# Work task
In the data below, find the line containing "abbrev expire_in : Table", then set down that line and every later line up to and including the line containing "now k)) u j", exactly.

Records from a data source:
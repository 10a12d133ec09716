-- ===== src/Middleware/OriginGuard.antt =====
-- app/middleware/origin_guard.py
use mcp_agent_gateway.Base.{
  String, string_eq, starts_with, contains, Bool, false, Option, none, some, List, [], ◌∷◌, not,
  if◌then◌else◌,
}
use mcp_agent_gateway.Base.Result.{ok}
use mcp_agent_gateway.Middleware.Http.{Response, App}

abbrev pub origin_not_allowed : Response
origin_not_allowed = record {
  status_code = 403;
  content = ("detail", "Origin not allowed") ∷ [];
  headers = [];
}

-- `origin is not None and origin not in self._allowed`
unfoldable pub is_foreign : List String → Option String → Bool
is_foreign allowed none = false
is_foreign allowed (some origin) = not (contains allowed origin)

unfoldable pub dispatch : {W : Type 0} → List String → App W → App W
unfolding is_foreign
dispatch allowed call_next request w =
    if starts_with request.path "/mcp"
    then if is_foreign allowed request.origin
      then (ok origin_not_allowed, w)
      else call_next request w
    else call_next request w
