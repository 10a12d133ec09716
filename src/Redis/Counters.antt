-- ===== src/Redis/Counters.antt =====
-- The counter commands of a Redis server, which the rate limiter's script runs: an interface.
-- A counter has a value and perhaps a deadline, from which on it is gone.
use mcp_agent_gateway.Base.{
  ℕ, ◌+◌, ◌-◌, ◌≤◌, ltb, String, string_eq, ◌==◌, Bool, true, Option, none, some, ◌≡◌, refl, inl,
  inr, Option-cases, arith, if◌then◌else◌,
}
use mcp_agent_gateway.Base.Dict.{Dict, lookup, insert, lookup-insert}

abbrev pub Counter : Type 0
Counter = record { value : ℕ; deadline : Option ℕ }

abbrev pub live_counter : ℕ → Option Counter → Option Counter
live_counter u none = none
live_counter u (some c) = elim c.deadline [
  | none ↦ some c
  | some d ↦ if ltb u d then some c else none
]

abbrev pub bumped : Option Counter → Counter
bumped none = record { value = 1; deadline = none }
bumped (some c) = record { value = c.value + 1; deadline = c.deadline }

abbrev pub due : ℕ → Option Counter → Option Counter
due d none = none
due d (some c) = some (record { value = c.value; deadline = some d })

-- PTTL answers a negative number, `none` here, for no counter and for no deadline.
abbrev pub remaining : ℕ → Option Counter → Option ℕ
remaining now none = none
remaining now (some c) = elim c.deadline [ none ↦ none | some d ↦ some (d - now) ]

pub record Counters : Type 1 where
  pub State : Type 0
  -- whether the server answers; a command raises otherwise
  pub available : State → Bool
  -- INCR: the new value
  pub incr : State → ℕ → String → ℕ × State
  -- PEXPIRE
  pub pexpire : State → ℕ → String → ℕ → State
  -- PTTL
  pub pttl : State → ℕ → String → Option ℕ

pub record IsLawful (C : Counters) : Type 0 where
  -- the counter under a key at an instant
  pub counter : C.State → ℕ → String → Option Counter
  pub counter_later :
      (s : C.State) (now u : ℕ) (k : String)
      → now ≤ u
      → counter s u k ≡ live_counter u (counter s now k)
  pub incr_result :
      (s : C.State) (now : ℕ) (k : String) → (C.incr s now k).0 ≡ (bumped (counter s now k)).value
  pub counter-incr :
      (s : C.State) (now u : ℕ) (k j : String)
      → now ≤ u
      → counter (C.incr s now k).1 u j
        ≡ (if j == k then live_counter u (some (bumped (counter s now k))) else counter s u j)
  pub counter-pexpire :
      (s : C.State) (now u : ℕ) (k : String) (ms : ℕ) (j : String)
      → now ≤ u
      → counter (C.pexpire s now k ms) u j
        ≡ (if j == k then live_counter u (due (now + ms) (counter s now k)) else counter s u j)
  pub pttl_lem :
      (s : C.State) (now : ℕ) (k : String) → C.pttl s now k ≡ remaining now (counter s now k)
  -- the commands do not stop the server
  pub available-incr :
      (s : C.State) (now : ℕ) (k : String) → C.available (C.incr s now k).1 ≡ C.available s
  pub available-pexpire :
      (s : C.State) (now : ℕ) (k : String) (ms : ℕ)
      → C.available (C.pexpire s now k ms) ≡ C.available s

-- A server in memory, which meets the assumptions.
abbrev Table : Type 0
Table = Dict String Counter

abbrev at : Table → ℕ → String → Option Counter
at t u k = live_counter u (lookup k t)

abbrev expire_in : Table → ℕ → String → ℕ → Option Counter → Table
expire_in t now k ms none = t
expire_in t now k ms (some c) = insert k (record { value = c.value; deadline = some (now + ms) }) t

abbrev pub memory : Counters
memory = record {
  State = Table;
  available = λ t. true;
  incr = λ t now k. let c = bumped (at t now k) in (c.value, insert k c t);
  pexpire = λ t now k ms. expire_in t now k ms (at t now k);
  pttl = λ t now k. remaining now (at t now k);
}

gone_later : (t : Table) (now u : ℕ) (k : String) → now ≤ u → at t now k ≡ none → at t u k ≡ none
gone_later t now u k h e = ground arith

at-expire_in :
    (t : Table) (now u : ℕ) (k : String) (ms : ℕ) (j : String)
    → now ≤ u
    → at (expire_in t now k ms (at t now k)) u j
      ≡ (if j == k then live_counter u (due (now + ms) (at t now k)) else at t u j)
at-expire_in t now u k ms j h = elim (Option-cases (at t now k)) [
  | inl gone ↦ rw gone (ground (arith, gone_later t now u k h gone))
  | inr (c, here) ↦
      rw (here, lookup-insert j k (record { value = c.value; deadline = some (now + ms) }) t)
        (ground arith)
]

pub memory-IsLawful : IsLawful memory
memory-IsLawful = record {
  counter = at;
  counter_later = λ t now u k h. ground arith;
  incr_result = λ t now k. refl;
  counter-incr = λ t now u k j h. rw lookup-insert (ground arith);
  counter-pexpire = at-expire_in;
  pttl_lem = λ t now k. refl;
  available-incr = λ t now k. refl;
  available-pexpire = λ t now k ms. refl;
}

pub counter_in_memory :
    (t : Dict String Counter) (u : ℕ) (k : String)
    → memory-IsLawful.counter t u k ≡ live_counter u (lookup k t)
unfolding memory-IsLawful
counter_in_memory t u k = refl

# Output of the task
abbrev expire_in : Table → ℕ → String → ℕ → Option Counter → Table
expire_in t now k ms none = t
expire_in t now k ms (some c) = insert k (record { value = c.value; deadline = some (now + ms) }) t

abbrev pub memory : Counters
memory = record {
  State = Table;
  available = λ t. true;
  incr = λ t now k. let c = bumped (at t now k) in (c.value, insert k c t);
  pexpire = λ t now k ms. expire_in t now k ms (at t now k);
  pttl = λ t now k. remaining now (at t now k);
}

gone_later : (t : Table) (now u : ℕ) (k : String) → now ≤ u → at t now k ≡ none → at t u k ≡ none
gone_later t now u k h e = ground arith

at-expire_in :
    (t : Table) (now u : ℕ) (k : String) (ms : ℕ) (j : String)
    → now ≤ u
    → at (expire_in t now k ms (at t now k)) u j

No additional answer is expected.